** DATA EXTRACTS follows **

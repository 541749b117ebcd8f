-- ===== src/AutoReply/Grounded.antt =====
-- What an accepted answer of apps/api/src/ai/auto-reply.ts may say.
use mathlib.Core.List.{Memᴰ}
use ticket_manager_system.Common.{
  String, ◌≡◌, ◌≤◌, refl, sym, ap, subst, ◌∙◌, true, false, not, ◌&&◌, Option, some, List, [], ◌∷◌,
  ltb, map, length, All, arith, Bool-cases, Option-cases, List-cases, none_fits, All-map, inl, inr,
}
use ticket_manager_system.Desk.{Article}
use ticket_manager_system.Text.{includes, utf16_length}
use ticket_manager_system.Prompt.{commitment_stems, unbacked_commitments}
use ticket_manager_system.Prompt.Dashes.{has_dash, without_dashes-plain}
use ticket_manager_system.Evals.{AiUsage}
use ticket_manager_system.AutoReply.Worker.{Answer, replied, failed}
use ticket_manager_system.AutoReply.Drafting.{
  Context, ModelAnswer, Generated, object, no_object, threw, reply_limit, source_text, shape_reply,
  unbacked_references, check_source, check_answer, auto_reply, judge, or_nil,
}
use ticket_manager_system.AutoReply.Cited.{Cites, cited_articles-Cites, cited_articles-given}

-- A reply and its citations, against the articles that the model was given and its answer to the
-- context: `used` are the articles cited, and the reply is the answer's own paragraphs and steps.
pub record IsGrounded (lowered uppered : String → String)
    (compose_reply : String → List String → List String → Option String)
    (references_in : String → List String) (articles : List Article) (context : Context)
    (answer : ModelAnswer) (reply : String) (ids : List String) : Type 0 where
  pub used : List Article
  pub cites : map (λ (a : Article). a.id) used ≡ ids
  pub answered : answer.answered ≡ true
  pub written :
      shape_reply lowered uppered compose_reply references_in context.customer_name
        (or_nil answer.paragraphs)
        (or_nil answer.steps)
      ≡ some reply
  pub cited : All (Cites uppered answer) used
  pub one_at_least : 1 ≤ length used
  pub given : All (λ a. Memᴰ a articles) used
  pub short : utf16_length reply ≤ 10000
  pub plain : has_dash reply ≡ false
  pub promises :
      All
        (λ stem.
          includes (lowered reply) stem ≡ true → includes (lowered (source_text used)) stem ≡ true)
        commitment_stems
  pub references :
      All
        (λ reference. includes (lowered (source_text used)) reference ≡ true)
        (references_in reply)

abbrev reply_in : Answer → String
reply_in (replied reply ids) = reply
reply_in (failed reason decline) = ""

abbrev ids_in : Answer → List String
ids_in (replied reply ids) = ids
ids_in (failed reason decline) = []

module _ (lowered uppered : String → String)
    (compose_reply : String → List String → List String → Option String)
    (references_in : String → List String) where
  check_source-backed :
      (cited : List Article) (reply r : String) (ids : List String)
      → check_source lowered uppered compose_reply references_in cited reply ≡ replied r ids
      → (r ≡ reply)
        × (map (λ (a : Article). a.id) cited ≡ ids)
        × (1 ≤ length cited)
        × (unbacked_commitments lowered reply (source_text cited) ≡ [])
        × (unbacked_references lowered uppered compose_reply references_in reply (source_text cited)
            ≡ [])
  unfolding check_source
  check_source-backed [] reply r ids e = absurd (cc)
  check_source-backed (a ∷ cited) reply r ids e =
      elim (List-cases (unbacked_commitments lowered reply (source_text (a ∷ cited)))) [
        | inr (stem, (stems, promised)) ↦ absurd (cc (rw (promised, check_source) at e))
        | inl kept ↦
            elim (List-cases (
              unbacked_references lowered uppered compose_reply references_in reply
                (source_text (a ∷ cited)))) [
                  | inr (link, (links, linked)) ↦ absurd (cc (rw (kept, check_source, linked) at e))
                  | inl clean ↦
                      let f = rw (kept, check_source, clean) at e in
                      (sym (ap reply_in f), ap ids_in f, omega arith, kept, clean)
                ]
      ]

  shape_reply-plain :
      (name : String) (paragraphs steps : List String) (reply : String)
      → shape_reply lowered uppered compose_reply references_in name paragraphs steps ≡ some reply
      → has_dash reply ≡ false
  unfolding shape_reply
  shape_reply-plain name paragraphs steps reply e =
      elim (Option-cases (compose_reply name paragraphs steps)) [
        | inl silent ↦ absurd (cc (rw (silent, shape_reply) at e))
        | inr (composed, made) ↦
            ap has_dash (ground (arith, rw (made, shape_reply) at e))
            ∙ without_dashes-plain composed
      ]

  -- What the last two checks leave.
  check_source-IsGrounded :
      (articles : List Article) (context : Context) (answer : ModelAnswer) (cited : List Article)
      (reply r : String) (ids : List String)
      → answer.answered ≡ true
      → shape_reply lowered uppered compose_reply references_in context.customer_name
          (or_nil answer.paragraphs)
          (or_nil answer.steps)
        ≡ some reply
      → All (Cites uppered answer) cited
      → All (λ a. Memᴰ a articles) cited
      → utf16_length reply ≤ 10000
      → has_dash reply ≡ false
      → check_source lowered uppered compose_reply references_in cited reply ≡ replied r ids
      → IsGrounded lowered uppered compose_reply references_in articles context answer r ids
  unfolding unbacked_commitments unbacked_references
  check_source-IsGrounded articles context answer cited reply r ids answered written cites_all given
        short plain e =
      let (same, cites, some_used, kept, clean) = check_source-backed cited reply r ids e in
      subst
        (λ r. IsGrounded lowered uppered compose_reply references_in articles context answer r ids)
        (sym same)
        (record {
          used = cited;
          cites = cites;
          answered = answered;
          written = written;
          cited = cites_all;
          one_at_least = some_used;
          given = given;
          short = short;
          plain = plain;
          promises =
              All-map
                {P = λ stem.
                  (includes (lowered reply) stem
                    && not (includes (lowered (source_text cited)) stem))
                  ≡ false}
                {Q = λ stem.
                  includes (lowered reply) stem ≡ true
                  → includes (lowered (source_text cited)) stem ≡ true}
                (λ stem no there. ground (arith, no, there)) commitment_stems
                (none_fits
                  (λ stem.
                    includes (lowered reply) stem
                    && not (includes (lowered (source_text cited)) stem))
                  commitment_stems kept);
          references =
              All-map {P = λ link. not (includes (lowered (source_text cited)) link) ≡ false}
                {Q = λ link. includes (lowered (source_text cited)) link ≡ true}
                (λ link no. ground (arith, no)) (references_in reply)
                (none_fits (λ link. not (includes (lowered (source_text cited)) link))
                  (references_in reply) clean);
        })

  check_answer-IsGrounded :
      (articles : List Article) (context : Context) (answer : ModelAnswer) (r : String)
      (ids : List String)
      → check_answer lowered uppered compose_reply references_in articles context answer
        ≡ replied r ids
      → IsGrounded lowered uppered compose_reply references_in articles context answer r ids
  unfolding check_answer
  check_answer-IsGrounded articles context answer r ids e = elim (Bool-cases answer.answered) [
    | inr declined ↦ absurd (cc (rw (declined, check_answer) at e))
    | inl answered ↦
        elim (Option-cases (
          shape_reply lowered uppered compose_reply references_in context.customer_name
            (or_nil answer.paragraphs) (or_nil answer.steps))) [
              | inl silent ↦ absurd (cc (rw (answered, check_answer, silent) at e))
              | inr (reply, shaped) ↦ elim (Bool-cases (ltb reply_limit (utf16_length reply))) [
                | inl long ↦ absurd (cc (rw (answered, check_answer, shaped, long) at e))
                | inr short ↦
                    check_source-IsGrounded articles context answer _ reply r ids answered shaped
                      (cited_articles-Cites lowered uppered compose_reply references_in articles
                        answer answer.article_ids)
                      (cited_articles-given lowered uppered compose_reply references_in articles
                        answer.article_ids)
                      (ground (arith, short)) (shape_reply-plain _ _ _ reply shaped)
                      (rw (answered, check_answer, shaped, short) at e)
              ]
            ]
  ]

  -- Whatever the provider returns, a reply that is accepted is the text of an answer that it gave,
  -- cites one article at least, each of them one that the answer names and that the model was given,
  -- has no dash and at most 10,000 units, and each of the words for money in it, and each link and
  -- address, stands in the text of the articles it cites.
  pub auto_reply-IsGrounded :
      (generate : List Article → Context → Generated) (articles : List Article) (context : Context)
      (reply : String) (ids : List String)
      → (auto_reply lowered uppered compose_reply references_in generate articles context).0
        ≡ replied reply ids
      → (answer : ModelAnswer) × ((usage : Option AiUsage) × ((generate articles context
              ≡ object answer usage)
            × IsGrounded lowered uppered compose_reply references_in articles context answer reply
                ids))
  unfolding auto_reply
  auto_reply-IsGrounded generate [] context reply ids e = absurd (cc)
  auto_reply-IsGrounded generate (a ∷ articles) context reply ids e =
      judged (generate (a ∷ articles) context) refl e
    where
      judged :
          (g : Generated)
          → generate (a ∷ articles) context ≡ g
          → (judge lowered uppered compose_reply references_in (a ∷ articles) context g).0
            ≡ replied reply ids
          → (answer : ModelAnswer) × ((usage : Option AiUsage) × ((generate (a ∷ articles) context
                  ≡ object answer usage)
                × IsGrounded lowered uppered compose_reply references_in
                    (a ∷ articles)
                    context
                    answer
                    reply
                    ids))
      judged (object answer usage) gave e = (
        answer,
        (usage, (gave, check_answer-IsGrounded (a ∷ articles) context answer reply ids e)),
      )
      judged (no_object usage) gave e = absurd (cc)
      judged (threw reason) gave e = absurd (cc)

** End of DATA EXTRACTS **

▶ _TASK GOAL_
Return every line from the entries above that includes the word "each".

▶ _RESULT OF THE TASK_
  -- cites one article at least, each of them one that the answer names and that the model was given,
  -- has no dash and at most 10,000 units, and each of the words for money in it, and each link and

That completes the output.